## Data extract
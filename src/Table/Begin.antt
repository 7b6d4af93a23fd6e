-- ===== src/Table/Begin.antt =====
-- The start of a load of a table that has a footer file.
use mathlib.Core.Path.{subst}
use postgres_vectorization_t.Compression.External.{Libraries}
use postgres_vectorization_t.Metadata.Messages.{Protobuf}
use postgres_vectorization_t.Prelude.{
  Bytes, List, Option, [], ap, append-nil, length, ltb, none, refl, some, sym, uint32, ℕ, ◌^◌, ◌∙◌,
  ◌∷◌, ◌≡◌,
}
use postgres_vectorization_t.Report.{
  Error, could_not_close, could_not_open, could_not_seek, guard, ok, ok_injective,
}
use postgres_vectorization_t.Table.Ends.{After, Ends, Keeps-Ends, bind-Ends, each-Ends}
use postgres_vectorization_t.Table.Growing.{StartsWith}
use postgres_vectorization_t.Table.Guarded.{IsUntouched}
use postgres_vectorization_t.Table.Io.{
  Io, Outcome, World, call, call_fails, call_succeeds, lift, next_outcome, outcome_of, pure,
  then_io,
}
use postgres_vectorization_t.Table.Keeps.{IsStable, Keeps, call-Keeps, lift-Keeps}
use postgres_vectorization_t.Table.ReadFooter.{cstore_read_footer}
use postgres_vectorization_t.Table.Steps.{SafeState}
use postgres_vectorization_t.Table.Stripes.{HasWritten-start}
use postgres_vectorization_t.Table.Write.{
  TableWriteState, cstore_begin_write, end_of_stripes, open_table, seek_behind, seek_table,
  stat_footer, stat_result,
}
use postgres_vectorization_t.Tupmacs.{Tupmacs}
use postgres_vectorization_t.Types.{Attribute, CompressionType, StripeMetadata, TableFooter}

module _ (n : ℕ) (old b : Bytes) where
  abbrev Whole : World → Type 0
  Whole = IsUntouched n old (some b)

  Whole-stable : IsStable Whole
  Whole-stable = record {
    stable = λ w outcomes h. record {
      enough = h.enough;
      same_bytes = h.same_bytes;
      same_footer = h.same_footer;
    };
  }

  Whole-Keeps : {A : Type 0} {m : Io A} → Keeps Whole m → Ends Whole (λ _ w. Whole w) Whole m
  Whole-Keeps keeps = Keeps-Ends (λ w h. h) keeps

  Whole-call : (e : Error) → Ends Whole (λ _ w. Whole w) Whole (call e)
  Whole-call e = Whole-Keeps (call-Keeps Whole-stable e)

  -- The position is this.
  abbrev IsAtPosition : ℕ → World → Type 0
  IsAtPosition position w = Whole w × (w.position ≡ position)

  IsAtPosition-stable : (position : ℕ) → IsStable (IsAtPosition position)
  IsAtPosition-stable position = record {
    stable = λ w outcomes h. (Whole-stable.stable w outcomes h.0, h.1);
  }

  IsAtPosition-Keeps :
      {A : Type 0} {m : Io A} (position : ℕ)
      → Keeps (IsAtPosition position) m
      → Ends (IsAtPosition position) (λ _ w. IsAtPosition position w) Whole m
  IsAtPosition-Keeps position keeps = Keeps-Ends (λ w h. h.0) keeps

  IsAtPosition-call :
      (position : ℕ) (e : Error)
      → Ends (IsAtPosition position) (λ _ w. IsAtPosition position w) Whole (call e)
  IsAtPosition-call position e =
      IsAtPosition-Keeps position (call-Keeps (IsAtPosition-stable position) e)

  Whole-seek :
      (position : ℕ) → Ends Whole (λ _ w. IsAtPosition position w) Whole (seek_table position)
  Whole-seek position = record {
    after = λ w h. (
      record { enough = h.enough; same_bytes = h.same_bytes; same_footer = h.same_footer },
      refl,
    );
  }

  stat_found :
      (os : List Outcome) (w : World)
      → Whole w
      → (outcome_of os w).0 ≡ ok call_succeeds
      → After (λ f w. Whole w × (f ≡ some b)) Whole (then_io (outcome_of os w) stat_result)
  stat_found [] w h e = (h, h.same_footer)
  stat_found (call_succeeds ∷ os) w h e = (Whole-stable.stable w os h, h.same_footer)
  stat_found (call_fails k ∷ os) w h e = cc

  -- The call of `stat` does not fail.
  abbrev pub CanStat : World → Type 0
  CanStat w = (next_outcome w).0 ≡ ok call_succeeds

  stat_footer-Ends :
      Ends (λ w. Whole w × CanStat w) (λ f w. Whole w × (f ≡ some b)) Whole stat_footer
  stat_footer-Ends = record { after = λ w h. stat_found w.outcomes w h.0 h.1 }

  module _ (protobuf : Protobuf) (start : TableFooter) where
    open_table-Ends :
        (block_row_count : ℕ)
        → cstore_read_footer protobuf b ≡ ok start
        → Ends Whole
            (λ f w. IsAtPosition 0 w × (f ≡ start))
            Whole
            (open_table protobuf block_row_count (some b))
    open_table-Ends block_row_count read =
        bind-Ends (call could_not_open) _ (Whole-call could_not_open) (λ _.
          bind-Ends (seek_table 0) _ (Whole-seek 0) (λ _.
            bind-Ends (call could_not_open) _ (IsAtPosition-call 0 could_not_open) (λ _.
              each-Ends (cstore_read_footer protobuf b) _ (λ w h. h.0)
                (λ f found.
                  bind-Ends (call could_not_close) (λ _. pure f)
                    (IsAtPosition-call 0 could_not_close)
                    (λ _. record { after = λ w k. (k, ok_injective (sym found ∙ read)) })))))

    from_position : length old ≡ n → (w : World) → IsAtPosition n w → StartsWith old (some b) old w
    from_position total w h = record {
      at = h.1 ∙ sym total;
      untouched = subst (λ k. IsUntouched k old (some b) w) (sym total) h.0;
      rest = [];
      extends = sym (append-nil old);
    }

    seek_behind-Ends :
        (stripes : List StripeMetadata)
        → length old ≡ n
        → n ≡ end_of_stripes stripes
        → Ends
            (IsAtPosition 0)
            (λ offset w. StartsWith old (some b) old w × (offset ≡ end_of_stripes stripes))
            Whole
            (seek_behind stripes)
    unfolding end_of_stripes
    seek_behind-Ends [] total e = record {
      after = λ w h. (from_position total w (subst (λ k. IsAtPosition k w) (sym e) h), refl);
    }
    seek_behind-Ends (m ∷ stripes) total e =
        bind-Ends (call could_not_seek) _ (IsAtPosition-call 0 could_not_seek) (λ _.
          bind-Ends (lift (guard (ltb (end_of_stripes (m ∷ stripes)) (2 ^ 63)) could_not_seek)) _
            (IsAtPosition-Keeps 0 (lift-Keeps _))
            (λ _.
              bind-Ends {Q = λ _ w. IsAtPosition (end_of_stripes (m ∷ stripes)) w}
                (seek_table (end_of_stripes (m ∷ stripes)))
                (λ _. pure (end_of_stripes (m ∷ stripes)))
                (record { after = λ w h. (Whole-seek (end_of_stripes (m ∷ stripes))).after w h.0 })
                (λ _. record {
                  after = λ w h.
                      (from_position total w (subst (λ k. IsAtPosition k w) (sym e) h), refl);
                })))

    pub begin_write-Ends :
        (T : Tupmacs) (L : Libraries) (compression_type : CompressionType)
        (stripe_max_row_count block_row_count : ℕ) (attrs : List Attribute) (total : length old ≡ n)
        → cstore_read_footer protobuf b ≡ ok start
        → n ≡ end_of_stripes start.stripe_metadata_list
        → Ends
            (λ w. Whole w × CanStat w)
            (SafeState n old
              (some b)
              T
              protobuf
              L
              compression_type
              (uint32 stripe_max_row_count)
              attrs
              start
              total
              [])
            Whole
            (cstore_begin_write T protobuf compression_type stripe_max_row_count block_row_count
              attrs)
    unfolding cstore_begin_write
    begin_write-Ends T L compression_type stripe_max_row_count block_row_count attrs total read e =
        bind-Ends stat_footer _ stat_footer-Ends (λ f. record {
          after = λ w h.
              (bind-Ends {R = Started} (open_table protobuf block_row_count f) _ (opened f h.1)
                  (λ table_footer. record {
                    after = λ w' k.
                        (bind-Ends {R = Started} (seek_behind table_footer.stripe_metadata_list) _
                            (seek_behind-Ends table_footer.stripe_metadata_list total
                              (e ∙ ap (λ g. end_of_stripes g.stripe_metadata_list) (sym k.1)))
                            (λ offset. record {
                              after = λ w'' j. (
                                old,
                                HasWritten-start T protobuf L compression_type
                                    (uint32 stripe_max_row_count) attrs start old
                                    (record {
                                      table_footer = table_footer;
                                      compression_type = compression_type;
                                      stripe_max_row_count = uint32 stripe_max_row_count;
                                      tuple_descriptor = attrs;
                                      current_file_offset = offset;
                                      stripe_data = none;
                                      stripe_skip_list = none;
                                    })
                                    k.1 (j.1 ∙ ap (λ g. end_of_stripes g.stripe_metadata_list) k.1)
                                    refl refl refl refl refl,
                                j.0,
                              );
                            })).after
                          w' k.0;
                  })).after
                w h.0;
        })
      where
        Started : TableWriteState T → World → Type 0
        Started =
            SafeState n old (some b) T protobuf L compression_type (uint32 stripe_max_row_count)
              attrs start total []

        opened :
            (f : Option Bytes)
            → f ≡ some b
            → Ends Whole
                (λ g w. IsAtPosition 0 w × (g ≡ start))
                Whole
                (open_table protobuf block_row_count f)
        opened f same =
            subst
              (λ f.
                Ends Whole (λ g w. IsAtPosition 0 w × (g ≡ start)) Whole
                  (open_table protobuf block_row_count f))
              (sym same) (open_table-Ends block_row_count read)
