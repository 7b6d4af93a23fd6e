-- ===== src/Table/Atomic.antt =====
-- A load takes effect as a whole or not at all.
use mathlib.Core.Path.{subst}
use postgres_vectorization_t.Compression.External.{Libraries}
use postgres_vectorization_t.Metadata.Messages.{Protobuf}
use postgres_vectorization_t.Prelude.{
  Bool, Bytes, List, Option, [], ap, arith, inl, inr, length, length-take, none, refl, some, take,
  uint32, ℕ, ◌∙◌, ◌≡◌, ◌≤◌, ◌⊎◌,
}
use postgres_vectorization_t.Report.{Error, Result, err, ok}
use postgres_vectorization_t.Table.Begin.{CanStat, begin_write-Ends}
use postgres_vectorization_t.Table.Ends.{After-cases, Ends, bind-Ends, error-Ends, weaken-Ends}
use postgres_vectorization_t.Table.Finish.{footer_bytes, rename_footer-Ends, write_footer-Ends}
use postgres_vectorization_t.Table.Growing.{IsUntouched-old}
use postgres_vectorization_t.Table.Guarded.{IsGuarded, IsGuarded-stable, IsUntouched}
use postgres_vectorization_t.Table.Io.{
  World, call_succeeds, next_outcome, sync_and_close_file, ◌>>◌,
}
use postgres_vectorization_t.Table.Keeps.{sync_and_close_file-Keeps}
use postgres_vectorization_t.Table.Listed.{HasFlushed, HasFlushed-end}
use postgres_vectorization_t.Table.ReadFooter.{cstore_read_footer}
use postgres_vectorization_t.Table.Steps.{
  SafeState, Spoilt, flush_and_append-Ends, kept_call, write_rows-Ends,
}
use postgres_vectorization_t.Table.Write.{
  TableWriteState, cstore_begin_write, cstore_end_write, end_of_stripes, flush_rest, rename_footer,
  write_rows, write_table,
}
use postgres_vectorization_t.Table.WriteFooter.{cstore_write_footer}
use postgres_vectorization_t.Tupmacs.{Tupmacs}
use postgres_vectorization_t.Types.{Attribute, CompressionType, StripeData, TableFooter}

module _ (T : Tupmacs) (protobuf : Protobuf) (L : Libraries) (compression_type : CompressionType)
    (stripe_max_row_count : ℕ) (attrs : List Attribute) where
  open T use {Datum}

  -- The footer file has the new footer, which lists behind the old stripes exactly those of the
  -- rows, and the table file starts with the old bytes and the buffers of the new stripes.
  pub record IsCommitted (start : TableFooter) (old : Bytes) (rows : List (List Datum × List Bool))
      (w : World) : Type 0 where
    pub now : TableFooter
    pub bytes : Bytes
    pub listed :
        HasFlushed T protobuf L compression_type stripe_max_row_count attrs start old rows bytes now
    pub footer_file : w.footer_file ≡ some (footer_bytes protobuf now)
    pub table_starts : take (length bytes) w.table_file ≡ bytes
    pub old_kept : take (length old) w.table_file ≡ old

  module _ (n : ℕ) (old : Bytes) (footer : Option Bytes) (start : TableFooter)
      (total : length old ≡ n) (rows : List (List Datum × List Bool)) where
    abbrev Flushed : TableWriteState T → World → Type 0
    Flushed state w =
        SafeState n old footer T protobuf L compression_type stripe_max_row_count attrs start total
          rows state w
        × (state.stripe_data ≡ none)

    abbrev Done : World → Type 0
    Done w = IsCommitted start old rows w

    flush_rest-Ends :
        (state : TableWriteState T) (stripe_data : Option (StripeData Datum))
        → state.stripe_data ≡ stripe_data
        → Ends
            (SafeState n old footer T protobuf L compression_type stripe_max_row_count attrs start
              total rows state)
            Flushed
            (Spoilt n old footer)
            (flush_rest T protobuf L state stripe_data)
    flush_rest-Ends state none same = record { after = λ w h. (h, same) }
    flush_rest-Ends state (some stripe_data) same =
        flush_and_append-Ends n old footer T protobuf L compression_type stripe_max_row_count attrs
          start total rows state

    -- The footer file that is put in place lists the rows, and the table file stays.
    put_in_place :
        (bytes : Bytes) (f : TableFooter)
        → ((w : World)
            → IsUntouched (length bytes) bytes (some (footer_bytes protobuf f)) w
            → Done w)
        → Ends
            (IsGuarded (length bytes) bytes footer)
            (λ _. Done)
            (IsUntouched (length bytes) bytes footer)
            (sync_and_close_file >> (cstore_write_footer protobuf f >> rename_footer))
    put_in_place bytes f done =
        let size = length bytes in
        bind-Ends sync_and_close_file _
          (kept_call size bytes footer _
            (sync_and_close_file-Keeps (IsGuarded-stable size bytes footer)))
          (λ _.
            bind-Ends (cstore_write_footer protobuf f) _
              (write_footer-Ends size bytes footer protobuf f)
              (λ _.
                weaken-Ends rename_footer
                  (rename_footer-Ends size bytes footer (footer_bytes protobuf f)) (λ _. done)))

    pub end_write-Ends :
        (state : TableWriteState T)
        → Ends
            (SafeState n old footer T protobuf L compression_type stripe_max_row_count attrs start
              total rows state)
            (λ _. Done)
            (Spoilt n old footer)
            (cstore_end_write T protobuf L state)
    unfolding cstore_end_write
    end_write-Ends state =
        bind-Ends (flush_rest T protobuf L state state.stripe_data) _
          (flush_rest-Ends state state.stripe_data refl)
          (λ flushed. record {
            after = λ w ((bytes, h, k), empty).
                let listed =
                  HasFlushed-end T protobuf L compression_type stripe_max_row_count attrs start old
                    rows bytes flushed h empty in
                (error-Ends
                    (sync_and_close_file
                      >> (cstore_write_footer protobuf flushed.table_footer >> rename_footer))
                    (put_in_place bytes flushed.table_footer (λ w' j. record {
                      now = flushed.table_footer;
                      bytes = bytes;
                      listed = listed;
                      footer_file = j.same_footer;
                      table_starts = j.same_bytes;
                      old_kept =
                          ap (λ m. take m w'.table_file) total
                          ∙ (IsUntouched-old n old k.rest bytes _ w' total k.extends j).same_bytes;
                    }))
                    (λ w'. IsUntouched-old n old k.rest bytes footer w' total k.extends)).after
                  w (record { behind = omega (arith, k.at); untouched = k.untouched });
          })

module _ (T : Tupmacs) (protobuf : Protobuf) (L : Libraries) (compression_type : CompressionType)
    (stripe_max_row_count block_row_count : ℕ) (attrs : List Attribute)
    (rows : List (List T.Datum × List Bool)) where
  write_table-Ends :
      (n : ℕ) (old b : Bytes) (start : TableFooter)
      → length old ≡ n
      → cstore_read_footer protobuf b ≡ ok start
      → n ≡ end_of_stripes start.stripe_metadata_list
      → Ends
          (λ w. IsUntouched n old (some b) w × CanStat n old b w)
          (λ _.
            IsCommitted T protobuf L compression_type
              (uint32 stripe_max_row_count)
              attrs
              start
              old
              rows)
          (Spoilt n old (some b))
          (write_table T protobuf L compression_type stripe_max_row_count block_row_count attrs
            rows)
  unfolding write_table
  write_table-Ends n old b start total read e =
      let maximum = uint32 stripe_max_row_count in
      bind-Ends
        (cstore_begin_write T protobuf compression_type stripe_max_row_count block_row_count attrs)
        _
        (begin_write-Ends n old b protobuf start T L compression_type stripe_max_row_count
          block_row_count attrs total read e)
        (λ state.
          bind-Ends (write_rows T protobuf L state rows) (cstore_end_write T protobuf L)
            (write_rows-Ends n old (some b) T protobuf L compression_type maximum attrs start total
              [] state rows)
            (end_write-Ends T protobuf L compression_type maximum attrs n old (some b) start total
              rows))

  -- For a table with a footer file that can be read, a table file that is at least as long as the
  -- footer's stripes, and a call of `stat` that does not fail: however the other calls of the
  -- operating system end, after the whole load the bytes of the old stripes are the same, and it
  -- ended in one of two ways. Either it ended with a value; then the rows, in their order, are
  -- those of a sequence of stripes, each of at least one row, whose buffers follow one another in
  -- the table file behind the old stripes, and the footer file is that of the old footer with the
  -- metadata of exactly these stripes behind, at the offsets that follow from one another. Or it
  -- ended by a report, and the footer file is the old one.
  pub write_table_atomic :
      (w : World) (b : Bytes) (start : TableFooter)
      → w.footer_file ≡ some b
      → cstore_read_footer protobuf b ≡ ok start
      → end_of_stripes start.stripe_metadata_list ≤ length w.table_file
      → (next_outcome w).0 ≡ ok call_succeeds
      → (outcome : Result (Unit {0})) × (after : World) × (write_table T protobuf L compression_type
            stripe_max_row_count block_row_count attrs rows w
          ≡ (outcome, after))
        × (take (end_of_stripes start.stripe_metadata_list) after.table_file
            ≡ take (end_of_stripes start.stripe_metadata_list) w.table_file)
        × (((outcome ≡ ok tt)
              × IsCommitted T protobuf L compression_type
                  (uint32 stripe_max_row_count)
                  attrs
                  start
                  (take (end_of_stripes start.stripe_metadata_list) w.table_file)
                  rows
                  after)
            ⊎ ((e : Error) × (outcome ≡ err e) × (after.footer_file ≡ some b)))
  write_table_atomic w b start same read enough found =
      let n = end_of_stripes start.stripe_metadata_list in
      let old = take n w.table_file in
      let total : length old ≡ n = length-take n w.table_file enough in
      let load =
        write_table T protobuf L compression_type stripe_max_row_count block_row_count attrs rows in
      let untouched : IsUntouched n old (some b) w = record {
        enough = enough;
        same_bytes = refl;
        same_footer = same;
      } in
      let ends = (write_table-Ends n old b start total read refl).after w (untouched, found) in
      elim (After-cases
        (λ _.
          IsCommitted T protobuf L compression_type (uint32 stripe_max_row_count) attrs start old
            rows)
        (Spoilt n old (some b)) (load w) ends) [
          | inl (t, ended, committed) ↦ (
            (load w).0,
            (load w).1,
            refl,
            subst (λ k. take k (load w).1.table_file ≡ old) total committed.old_kept,
            inl (ended, committed),
          )
          | inr (e, ended, kept_there) ↦ (
            (load w).0,
            (load w).1,
            refl,
            kept_there.same_bytes,
            inr (e, ended, kept_there.same_footer),
          )
        ]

## Exercise requirements
Everything from the line with "(os : List Outcome) (w : World)" through the line with "seek_behind-Ends [] total" should be written out exactly as it appears above, end lines included, and nothing outside that range.

## Response below
      (os : List Outcome) (w : World)
      → Whole w
      → (outcome_of os w).0 ≡ ok call_succeeds
      → After (λ f w. Whole w × (f ≡ some b)) Whole (then_io (outcome_of os w) stat_result)
  stat_found [] w h e = (h, h.same_footer)
  stat_found (call_succeeds ∷ os) w h e = (Whole-stable.stable w os h, h.same_footer)
  stat_found (call_fails k ∷ os) w h e = cc

  -- The call of `stat` does not fail.
  abbrev pub CanStat : World → Type 0
  CanStat w = (next_outcome w).0 ≡ ok call_succeeds

  stat_footer-Ends :
      Ends (λ w. Whole w × CanStat w) (λ f w. Whole w × (f ≡ some b)) Whole stat_footer
  stat_footer-Ends = record { after = λ w h. stat_found w.outcomes w h.0 h.1 }

  module _ (protobuf : Protobuf) (start : TableFooter) where
    open_table-Ends :
        (block_row_count : ℕ)
        → cstore_read_footer protobuf b ≡ ok start
        → Ends Whole
            (λ f w. IsAtPosition 0 w × (f ≡ start))
            Whole
            (open_table protobuf block_row_count (some b))
    open_table-Ends block_row_count read =
        bind-Ends (call could_not_open) _ (Whole-call could_not_open) (λ _.
          bind-Ends (seek_table 0) _ (Whole-seek 0) (λ _.
            bind-Ends (call could_not_open) _ (IsAtPosition-call 0 could_not_open) (λ _.
              each-Ends (cstore_read_footer protobuf b) _ (λ w h. h.0)
                (λ f found.
                  bind-Ends (call could_not_close) (λ _. pure f)
                    (IsAtPosition-call 0 could_not_close)
                    (λ _. record { after = λ w k. (k, ok_injective (sym found ∙ read)) })))))

    from_position : length old ≡ n → (w : World) → IsAtPosition n w → StartsWith old (some b) old w
    from_position total w h = record {
      at = h.1 ∙ sym total;
      untouched = subst (λ k. IsUntouched k old (some b) w) (sym total) h.0;
      rest = [];
      extends = sym (append-nil old);
    }

    seek_behind-Ends :
        (stripes : List StripeMetadata)
        → length old ≡ n
        → n ≡ end_of_stripes stripes
        → Ends
            (IsAtPosition 0)
            (λ offset w. StartsWith old (some b) old w × (offset ≡ end_of_stripes stripes))
            Whole
            (seek_behind stripes)
    unfolding end_of_stripes
    seek_behind-Ends [] total e = record {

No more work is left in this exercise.